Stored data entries

*** Begin section ***

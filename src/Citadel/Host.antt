-- ===== src/Citadel/Host.antt =====
-- The driver as the host that a client opens its device on.
mod Examples
use mathlib.Core.Path.{subst}
use mathlib.Core.Option
use platform_external_nos_ho.Base.{
  ℕ, ◌≡◌, refl, sym, ap, ◌∙◌, List, Bool, true, false, Option, none, some, ℤ, pos, neg_ℕ, is_neg,
  is_nonzero, M, arith, Bool-cases, inl, inr,
}
use platform_external_nos_ho.Device.{Platform, Timespec}
use platform_external_nos_ho.Transport.Frame.{IsKept}
use platform_external_nos_ho.Client.Host.{Host, IsHost, OpenDevice}
use platform_external_nos_ho.Citadel.System.{
  Buffer, Mutex, in_buf_mutex, out_buf_mutex, System, Driver,
}
use platform_external_nos_ho.Citadel.Datagram.{
  copy_in, read_transaction, read_datagram, write_transaction, write_datagram, citadel_device,
}
use platform_external_nos_ho.Citadel.Control.{
  nos_device_open, close_device, reset, wait_for_interrupt,
}
use platform_external_nos_ho.Citadel.Control.Laws.{
  HasFiles, OpenEnd, opened, failed, nos_device_open-OpenEnd, close_device-OpenEnd,
}

-- What the driver's system offers the transport; its state is the driver's.
abbrev platform_on : {W : Type 0} → Platform W → Platform (Driver W)
platform_on p = record {
  eagain = p.eagain;
  etimedout = p.etimedout;
  usleep = λ us s. record s { world = p.usleep us s.world };
  clock_gettime = λ s. let (now, w) = p.clock_gettime s.world in (now, record s { world = w });
  uninitialised = p.uninitialised;
}

module _ {W : Type 0} (system : System W) (platform : Platform W) where
  -- `dev->ops` with the context that points to `fd`.
  unfoldable pub citadel_ops : ℤ → OpenDevice (Driver W)
  citadel_ops fd = record {
    device = citadel_device system (some fd);
    wait_for_interrupt = λ msecs s.
        Option.map (λ r. (r.0, record s { world = r.1 }))
          (wait_for_interrupt system (some fd) msecs s.world);
    reset = λ s. let (err, w) = reset system (some fd) s.world in (err, record s { world = w });
    close = λ s. record s { world = close_device system (some fd) s.world };
  }

  abbrev with_ops : Option ℤ → Option (OpenDevice (Driver W))
  with_ops none = none
  with_ops (some fd) = some (citadel_ops fd)

  unfoldable pub citadel_host : Host (Driver W)
  unfolding citadel_ops
  citadel_host = record {
    platform = platform_on platform;
    nos_device_open = λ name s.
        let ((err, ctx), w) = nos_device_open system name s.world in
        ((err, with_ops ctx), record s { world = w });
  }

  -- The other calls of the system leave the descriptors alone.
  pub record HasCalls (files : HasFiles system) : Type 0 where
    pub lock_keeps :
        (m : Mutex) (w : W) (x : ℤ) → files.is_open (system.mutex_lock m w).1 x ≡ files.is_open w x
    pub unlock_keeps :
        (m : Mutex) (w : W) (x : ℤ)
        → files.is_open (system.mutex_unlock m w).1 x ≡ files.is_open w x
    pub datagram_keeps :
        (fd : ℤ) (command len : ℕ) (b : Buffer) (w : W) (x : ℤ)
        → files.is_open (system.ioctl_datagram fd command len b w).1 x ≡ files.is_open w x
    pub ioctl_reset_keeps :
        (fd : ℤ) (w : W) (x : ℤ) → files.is_open (system.ioctl_reset fd w).1 x ≡ files.is_open w x
    pub poll_keeps :
        (fd msecs : ℤ) (w : W) (x : ℤ)
        → files.is_open (system.poll_in fd msecs w).1 x ≡ files.is_open w x
    pub usleep_keeps :
        (us : ℕ) (w : W) (x : ℤ) → files.is_open (platform.usleep us w) x ≡ files.is_open w x
    pub clock_keeps :
        (w : W) (x : ℤ) → files.is_open (platform.clock_gettime w).1 x ≡ files.is_open w x

  module _ (files : HasFiles system) (calls : HasCalls files) where
    open files use {is_open}

    read_datagram-keeps :
        (fd : ℤ) (command len : ℕ) (buf : List ℕ) (s : Driver W) (x : ℤ)
        → is_open (read_datagram system (some fd) command buf len s).1.world x ≡ is_open s.world x
    unfolding read_datagram read_transaction
    read_datagram-keeps fd command len buf s x =
        let w₁ = (system.mutex_lock in_buf_mutex s.world).1 in
        let w₂ = (system.ioctl_datagram fd command len s.in_buf w₁).1 in
        ground (
          arith,
          calls.lock_keeps in_buf_mutex s.world x,
          calls.datagram_keeps fd command len s.in_buf w₁ x,
          calls.unlock_keeps in_buf_mutex w₂ x,
        )

    write_datagram-keeps :
        (fd : ℤ) (command len : ℕ) (buf : List ℕ) (s : Driver W) (x : ℤ)
        → is_open (write_datagram system (some fd) command buf len s).1.world x ≡ is_open s.world x
    unfolding write_datagram write_transaction
    write_datagram-keeps fd command len buf s x =
        let w₁ = (system.mutex_lock out_buf_mutex s.world).1 in
        let w₂ = (system.ioctl_datagram fd command len (copy_in buf len s.out_buf) w₁).1 in
        ground (
          arith,
          calls.lock_keeps out_buf_mutex s.world x,
          calls.datagram_keeps fd command len (copy_in buf len s.out_buf) w₁ x,
          calls.unlock_keeps out_buf_mutex w₂ x,
        )

    reset-keeps : (fd : ℤ) (w : W) (x : ℤ) → is_open (reset system (some fd) w).1 x ≡ is_open w x
    unfolding reset
    reset-keeps fd w x = ground (arith, calls.ioctl_reset_keeps fd w x)

    wait_for_interrupt-keeps :
        (fd msecs : ℤ) (s : Driver W)
        → (r : ℤ) × (s' : Driver W) × ((citadel_ops fd).wait_for_interrupt msecs s ≡ some (r, s'))
          × ((x : ℤ) → is_open s'.world x ≡ is_open s.world x)
    unfolding citadel_ops wait_for_interrupt
    wait_for_interrupt-keeps fd msecs s =
        let (r, w') = system.poll_in fd msecs s.world in
        (r, record s { world = w' }, refl, λ x. calls.poll_keeps fd msecs s.world x)

    citadel_ops-IsKept :
        (fd : ℤ) (table : ℤ → Bool)
        → IsKept
            (platform_on platform)
            (citadel_ops fd).device
            (λ s. (x : ℤ) → is_open s.world x ≡ table x)
    unfolding citadel_ops citadel_device
    citadel_ops-IsKept fd table = record {
      reading = λ command buf s h x. read_datagram-keeps fd command _ buf s x ∙ h x;
      writing = λ command buf s h x. write_datagram-keeps fd command _ buf s x ∙ h x;
      sleeping = λ us s h x. calls.usleep_keeps us s.world x ∙ h x;
      timing = λ s h x. calls.clock_keeps s.world x ∙ h x;
    }

    failed_same :
        (w w' : W) (r : ℤ × Option ℤ) (x : ℤ)
        → is_nonzero r.0 ≡ true
        → OpenEnd system files w w' r
        → is_open w' x ≡ is_open w x
    failed_same w w' r x bad (opened fd good fresh adds) = cc
    failed_same w w' r x bad (failed err neg keeps) = keeps x

    stored_ops :
        (w w' : W) (r : ℤ × Option ℤ)
        → r.0 ≡ pos 0
        → OpenEnd system files w w' r
        → (fd : ℤ) × (r.1 ≡ some fd)
    stored_ops w w' r success (opened fd good fresh adds) = (fd, refl)
    stored_ops w w' r success (failed err neg keeps) =
        let contrary : true ≡ false = sym neg ∙ ap is_neg success in cc

    with_ops-some :
        (ctx : Option ℤ) (d : OpenDevice (Driver W))
        → with_ops ctx ≡ some d
        → (fd : ℤ) × (ctx ≡ some fd) × (citadel_ops fd ≡ d)
    with_ops-some none d h = cc
    with_ops-some (some fd) d h = (fd, refl, cc)

    closed_restores :
        (name : Option (List ℕ)) (w w' : W) (fd x : ℤ)
        → (nos_device_open system name w).0 ≡ (pos 0, some fd)
        → ((y : ℤ) → is_open w' y ≡ is_open (nos_device_open system name w).1 y)
        → is_open (close_device system (some fd) w') x ≡ is_open w x
    closed_restores name w w' fd x h same =
        let r = nos_device_open system name w in
        rw (ap (λ a. a.1) h) at (
          close_device-OpenEnd system files w r.1 w' r.0 x (ap (λ a. a.0) h)
            (nos_device_open-OpenEnd system files name w) same)

    pub citadel_host-IsHost : IsHost citadel_host
    unfolding citadel_host
    citadel_host-IsHost = record {
      is_open = λ s. is_open s.world;
      failed_keeps = λ name s x bad.
          let r = nos_device_open system name s.world in
          failed_same s.world r.1 r.0 x bad (nos_device_open-OpenEnd system files name s.world);
      device_stored = λ name s success.
          let r = nos_device_open system name s.world in
          let (fd, has) =
            stored_ops s.world r.1 r.0 success
              (nos_device_open-OpenEnd system files name s.world) in
          (citadel_ops fd, ap with_ops has);
      close_restores = λ name s s' d h same x.
          let (fd, has, ops) =
            with_ops-some (nos_device_open system name s.world).0.1 d (ap (λ a. a.1) h) in
          let made : (nos_device_open system name s.world).0 ≡ (pos 0, some fd) =
            ground (arith, h, has) in
          subst (λ e. is_open (e.close s').world x ≡ is_open s.world x) ops
            (closed_restores name s.world s'.world fd x made same);
      operations_keep = λ name s d table h.
          let (fd, has, ops) =
            with_ops-some (nos_device_open system name s.world).0.1 d (ap (λ a. a.1) h) in
          subst
            (λ e.
              IsKept (platform_on platform) e.device (λ t. (x : ℤ) → is_open t.world x ≡ table x))
            ops (citadel_ops-IsKept fd table);
      wait_keeps = λ name s s' d msecs h.
          let (fd, has, ops) =
            with_ops-some (nos_device_open system name s.world).0.1 d (ap (λ a. a.1) h) in
          subst
            (λ e.
              (r : ℤ) × (t : Driver W) × (e.wait_for_interrupt msecs s' ≡ some (r, t))
              × ((x : ℤ) → is_open t.world x ≡ is_open s'.world x))
            ops (wait_for_interrupt-keeps fd msecs s');
      reset_keeps = λ name s s' d x h.
          let (fd, has, ops) =
            with_ops-some (nos_device_open system name s.world).0.1 d (ap (λ a. a.1) h) in
          subst (λ e. is_open (e.reset s').1.world x ≡ is_open s'.world x) ops
            (reset-keeps fd s'.world x);
    }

*** End section ***

§ PROBLEM TO SOLVE:
Reproduce exactly every line that sits between the start of the entries and the line bearing "(wait_for_interrupt system (some", counting both of those lines.

§ RESULT:
filename src/Citadel/Host.antt
-- ===== src/Citadel/Host.antt =====
-- The driver as the host that a client opens its device on.
mod Examples
use mathlib.Core.Path.{subst}
use mathlib.Core.Option
use platform_external_nos_ho.Base.{
  ℕ, ◌≡◌, refl, sym, ap, ◌∙◌, List, Bool, true, false, Option, none, some, ℤ, pos, neg_ℕ, is_neg,
  is_nonzero, M, arith, Bool-cases, inl, inr,
}
use platform_external_nos_ho.Device.{Platform, Timespec}
use platform_external_nos_ho.Transport.Frame.{IsKept}
use platform_external_nos_ho.Client.Host.{Host, IsHost, OpenDevice}
use platform_external_nos_ho.Citadel.System.{
  Buffer, Mutex, in_buf_mutex, out_buf_mutex, System, Driver,
}
use platform_external_nos_ho.Citadel.Datagram.{
  copy_in, read_transaction, read_datagram, write_transaction, write_datagram, citadel_device,
}
use platform_external_nos_ho.Citadel.Control.{
  nos_device_open, close_device, reset, wait_for_interrupt,
}
use platform_external_nos_ho.Citadel.Control.Laws.{
  HasFiles, OpenEnd, opened, failed, nos_device_open-OpenEnd, close_device-OpenEnd,
}

-- What the driver's system offers the transport; its state is the driver's.
abbrev platform_on : {W : Type 0} → Platform W → Platform (Driver W)
platform_on p = record {
  eagain = p.eagain;
  etimedout = p.etimedout;
  usleep = λ us s. record s { world = p.usleep us s.world };
  clock_gettime = λ s. let (now, w) = p.clock_gettime s.world in (now, record s { world = w });
  uninitialised = p.uninitialised;
}

module _ {W : Type 0} (system : System W) (platform : Platform W) where
  -- `dev->ops` with the context that points to `fd`.
  unfoldable pub citadel_ops : ℤ → OpenDevice (Driver W)
  citadel_ops fd = record {
    device = citadel_device system (some fd);
    wait_for_interrupt = λ msecs s.
        Option.map (λ r. (r.0, record s { world = r.1 }))
          (wait_for_interrupt system (some fd) msecs s.world);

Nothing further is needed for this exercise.